WORK TO BE COMPLETED: Only those lines in the data below from the line containing "pub monitored : ℕ" through the line containing "pub used_time_events : ℕ", both included, should be restated word for word.

((

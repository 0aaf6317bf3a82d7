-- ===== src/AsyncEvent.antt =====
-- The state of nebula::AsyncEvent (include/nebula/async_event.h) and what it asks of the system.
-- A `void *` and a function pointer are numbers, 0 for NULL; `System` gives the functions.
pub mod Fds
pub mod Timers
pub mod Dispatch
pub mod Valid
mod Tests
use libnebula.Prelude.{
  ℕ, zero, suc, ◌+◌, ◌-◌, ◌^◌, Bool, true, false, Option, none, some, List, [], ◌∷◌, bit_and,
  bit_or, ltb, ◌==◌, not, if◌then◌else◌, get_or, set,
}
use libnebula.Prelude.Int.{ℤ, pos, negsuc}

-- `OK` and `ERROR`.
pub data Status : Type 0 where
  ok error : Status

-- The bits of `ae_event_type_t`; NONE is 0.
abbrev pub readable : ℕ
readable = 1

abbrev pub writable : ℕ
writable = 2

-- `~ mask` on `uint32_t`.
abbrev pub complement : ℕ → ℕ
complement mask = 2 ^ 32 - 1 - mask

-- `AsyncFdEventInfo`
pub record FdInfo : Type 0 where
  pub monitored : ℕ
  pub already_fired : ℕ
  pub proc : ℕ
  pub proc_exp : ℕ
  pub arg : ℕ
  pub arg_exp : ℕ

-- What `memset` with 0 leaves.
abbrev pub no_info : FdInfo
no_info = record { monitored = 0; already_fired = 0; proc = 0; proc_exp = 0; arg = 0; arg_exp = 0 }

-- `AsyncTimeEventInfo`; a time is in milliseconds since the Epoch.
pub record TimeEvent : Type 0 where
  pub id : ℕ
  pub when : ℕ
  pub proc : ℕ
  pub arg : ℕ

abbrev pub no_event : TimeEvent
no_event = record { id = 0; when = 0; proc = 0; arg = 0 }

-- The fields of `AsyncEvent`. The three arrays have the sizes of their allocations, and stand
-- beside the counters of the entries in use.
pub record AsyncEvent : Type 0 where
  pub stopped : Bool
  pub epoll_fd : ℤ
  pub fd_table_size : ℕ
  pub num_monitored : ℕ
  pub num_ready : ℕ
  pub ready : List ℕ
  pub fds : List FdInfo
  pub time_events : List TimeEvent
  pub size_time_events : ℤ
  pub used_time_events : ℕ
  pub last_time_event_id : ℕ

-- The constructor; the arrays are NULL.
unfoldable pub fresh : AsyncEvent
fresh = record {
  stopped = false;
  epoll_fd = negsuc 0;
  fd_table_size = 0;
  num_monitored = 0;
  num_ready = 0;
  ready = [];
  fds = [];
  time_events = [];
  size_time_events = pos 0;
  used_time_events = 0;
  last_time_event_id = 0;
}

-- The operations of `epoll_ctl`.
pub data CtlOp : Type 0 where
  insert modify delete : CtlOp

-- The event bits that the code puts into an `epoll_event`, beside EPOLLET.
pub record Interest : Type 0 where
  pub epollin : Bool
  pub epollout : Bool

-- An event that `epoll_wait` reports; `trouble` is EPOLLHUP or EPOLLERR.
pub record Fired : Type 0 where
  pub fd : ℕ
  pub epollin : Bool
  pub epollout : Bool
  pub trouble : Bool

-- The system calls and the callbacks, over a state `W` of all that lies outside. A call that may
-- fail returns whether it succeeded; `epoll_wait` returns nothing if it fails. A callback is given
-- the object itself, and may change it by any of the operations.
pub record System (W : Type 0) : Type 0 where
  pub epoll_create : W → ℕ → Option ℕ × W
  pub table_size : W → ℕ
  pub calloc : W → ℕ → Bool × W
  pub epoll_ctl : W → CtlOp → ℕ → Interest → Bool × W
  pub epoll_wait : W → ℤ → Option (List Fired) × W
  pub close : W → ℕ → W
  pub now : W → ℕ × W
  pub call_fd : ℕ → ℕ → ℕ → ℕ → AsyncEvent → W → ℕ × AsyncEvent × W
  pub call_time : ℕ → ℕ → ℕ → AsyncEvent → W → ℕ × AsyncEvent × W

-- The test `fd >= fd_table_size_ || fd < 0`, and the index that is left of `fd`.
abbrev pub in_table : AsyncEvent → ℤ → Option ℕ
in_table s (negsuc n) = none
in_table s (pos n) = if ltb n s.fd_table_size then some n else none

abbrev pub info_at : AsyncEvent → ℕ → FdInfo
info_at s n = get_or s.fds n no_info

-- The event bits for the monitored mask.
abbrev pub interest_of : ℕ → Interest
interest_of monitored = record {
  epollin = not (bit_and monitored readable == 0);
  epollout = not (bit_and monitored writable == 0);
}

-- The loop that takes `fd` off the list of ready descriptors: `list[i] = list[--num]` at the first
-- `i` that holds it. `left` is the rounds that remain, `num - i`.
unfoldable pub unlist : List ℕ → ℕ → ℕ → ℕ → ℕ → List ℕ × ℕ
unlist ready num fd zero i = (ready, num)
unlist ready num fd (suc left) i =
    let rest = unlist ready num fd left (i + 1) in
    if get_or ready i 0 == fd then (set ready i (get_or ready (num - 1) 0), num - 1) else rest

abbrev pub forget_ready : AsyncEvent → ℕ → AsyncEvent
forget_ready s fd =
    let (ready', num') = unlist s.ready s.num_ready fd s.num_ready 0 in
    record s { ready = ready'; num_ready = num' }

))
((

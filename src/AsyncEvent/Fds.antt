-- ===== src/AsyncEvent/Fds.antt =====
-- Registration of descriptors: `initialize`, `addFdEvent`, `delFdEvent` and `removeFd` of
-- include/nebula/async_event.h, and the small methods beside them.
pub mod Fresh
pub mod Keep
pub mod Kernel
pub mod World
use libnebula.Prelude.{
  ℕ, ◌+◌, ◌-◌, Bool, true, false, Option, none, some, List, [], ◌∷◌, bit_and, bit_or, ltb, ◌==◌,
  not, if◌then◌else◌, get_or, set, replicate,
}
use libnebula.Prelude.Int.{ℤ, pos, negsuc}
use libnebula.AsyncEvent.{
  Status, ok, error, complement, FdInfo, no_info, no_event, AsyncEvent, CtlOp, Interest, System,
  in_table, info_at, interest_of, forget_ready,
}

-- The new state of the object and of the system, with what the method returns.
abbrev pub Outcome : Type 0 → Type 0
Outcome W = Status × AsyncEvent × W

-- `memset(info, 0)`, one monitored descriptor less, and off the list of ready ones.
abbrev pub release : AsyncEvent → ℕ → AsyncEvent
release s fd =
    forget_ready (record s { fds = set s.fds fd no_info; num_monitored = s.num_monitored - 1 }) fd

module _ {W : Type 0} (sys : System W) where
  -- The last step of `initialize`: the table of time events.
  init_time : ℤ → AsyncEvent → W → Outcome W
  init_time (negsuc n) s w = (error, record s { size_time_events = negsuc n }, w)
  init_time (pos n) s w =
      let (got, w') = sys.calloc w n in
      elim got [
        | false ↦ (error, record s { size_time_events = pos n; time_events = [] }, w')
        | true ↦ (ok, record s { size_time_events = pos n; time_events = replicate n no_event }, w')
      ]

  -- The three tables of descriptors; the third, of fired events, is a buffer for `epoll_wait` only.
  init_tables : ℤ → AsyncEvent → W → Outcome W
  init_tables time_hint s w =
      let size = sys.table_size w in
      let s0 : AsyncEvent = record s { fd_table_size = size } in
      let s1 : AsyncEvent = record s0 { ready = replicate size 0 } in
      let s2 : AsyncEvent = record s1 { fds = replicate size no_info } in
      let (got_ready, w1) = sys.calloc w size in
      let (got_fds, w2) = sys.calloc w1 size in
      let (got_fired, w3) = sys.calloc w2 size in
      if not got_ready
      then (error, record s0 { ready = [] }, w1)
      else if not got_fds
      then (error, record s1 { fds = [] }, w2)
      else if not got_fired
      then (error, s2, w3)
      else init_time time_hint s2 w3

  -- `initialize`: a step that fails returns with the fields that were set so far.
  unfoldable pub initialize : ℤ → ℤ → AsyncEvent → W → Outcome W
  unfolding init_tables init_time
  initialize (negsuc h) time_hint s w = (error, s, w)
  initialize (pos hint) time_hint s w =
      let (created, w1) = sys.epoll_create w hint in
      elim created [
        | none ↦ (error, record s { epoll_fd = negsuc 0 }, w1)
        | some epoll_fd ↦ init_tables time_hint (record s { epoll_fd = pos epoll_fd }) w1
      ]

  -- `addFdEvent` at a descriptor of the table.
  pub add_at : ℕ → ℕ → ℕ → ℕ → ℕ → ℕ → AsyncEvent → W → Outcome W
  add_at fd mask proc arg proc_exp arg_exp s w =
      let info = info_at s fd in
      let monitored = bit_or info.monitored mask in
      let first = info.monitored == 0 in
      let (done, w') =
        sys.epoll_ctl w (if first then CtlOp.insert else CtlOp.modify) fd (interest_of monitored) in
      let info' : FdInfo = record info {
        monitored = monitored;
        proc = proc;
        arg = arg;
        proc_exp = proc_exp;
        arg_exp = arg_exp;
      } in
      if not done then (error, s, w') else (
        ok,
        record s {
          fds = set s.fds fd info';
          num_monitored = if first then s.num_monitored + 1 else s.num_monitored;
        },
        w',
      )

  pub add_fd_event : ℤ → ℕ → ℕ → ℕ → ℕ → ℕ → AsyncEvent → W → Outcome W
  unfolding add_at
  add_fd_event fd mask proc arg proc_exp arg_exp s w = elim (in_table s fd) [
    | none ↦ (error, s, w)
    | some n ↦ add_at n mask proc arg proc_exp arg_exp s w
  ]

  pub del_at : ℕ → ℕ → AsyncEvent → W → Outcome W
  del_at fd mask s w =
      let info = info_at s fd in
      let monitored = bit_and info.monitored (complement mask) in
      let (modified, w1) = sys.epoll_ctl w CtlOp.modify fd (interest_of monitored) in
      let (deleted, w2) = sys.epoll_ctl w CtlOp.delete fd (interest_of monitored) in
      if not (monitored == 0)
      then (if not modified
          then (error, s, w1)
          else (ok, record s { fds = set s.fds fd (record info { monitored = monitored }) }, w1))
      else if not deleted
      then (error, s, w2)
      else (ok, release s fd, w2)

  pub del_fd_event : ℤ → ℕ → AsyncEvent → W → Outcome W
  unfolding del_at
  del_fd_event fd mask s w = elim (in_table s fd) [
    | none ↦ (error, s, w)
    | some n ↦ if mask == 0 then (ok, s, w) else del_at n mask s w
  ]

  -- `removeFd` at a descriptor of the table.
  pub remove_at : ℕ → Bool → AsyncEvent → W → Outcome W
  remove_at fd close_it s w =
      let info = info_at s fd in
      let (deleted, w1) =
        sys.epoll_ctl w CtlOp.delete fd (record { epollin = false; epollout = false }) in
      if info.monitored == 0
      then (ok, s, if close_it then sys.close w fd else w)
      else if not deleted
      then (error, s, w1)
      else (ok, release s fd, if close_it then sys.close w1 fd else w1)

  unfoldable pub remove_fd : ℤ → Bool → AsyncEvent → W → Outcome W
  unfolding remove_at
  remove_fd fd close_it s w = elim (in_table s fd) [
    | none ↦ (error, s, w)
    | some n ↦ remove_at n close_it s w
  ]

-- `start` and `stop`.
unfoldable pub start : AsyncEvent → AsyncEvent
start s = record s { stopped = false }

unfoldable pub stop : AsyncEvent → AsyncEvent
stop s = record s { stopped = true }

))

TASK RESPONSE:
  pub monitored : ℕ
  pub already_fired : ℕ
  pub proc : ℕ
  pub proc_exp : ℕ
  pub arg : ℕ
  pub arg_exp : ℕ

-- What `memset` with 0 leaves.
abbrev pub no_info : FdInfo
no_info = record { monitored = 0; already_fired = 0; proc = 0; proc_exp = 0; arg = 0; arg_exp = 0 }

-- `AsyncTimeEventInfo`; a time is in milliseconds since the Epoch.
pub record TimeEvent : Type 0 where
  pub id : ℕ
  pub when : ℕ
  pub proc : ℕ
  pub arg : ℕ

abbrev pub no_event : TimeEvent
no_event = record { id = 0; when = 0; proc = 0; arg = 0 }

-- The fields of `AsyncEvent`. The three arrays have the sizes of their allocations, and stand
-- beside the counters of the entries in use.
pub record AsyncEvent : Type 0 where
  pub stopped : Bool
  pub epoll_fd : ℤ
  pub fd_table_size : ℕ
  pub num_monitored : ℕ
  pub num_ready : ℕ
  pub ready : List ℕ
  pub fds : List FdInfo
  pub time_events : List TimeEvent
  pub size_time_events : ℤ
  pub used_time_events : ℕ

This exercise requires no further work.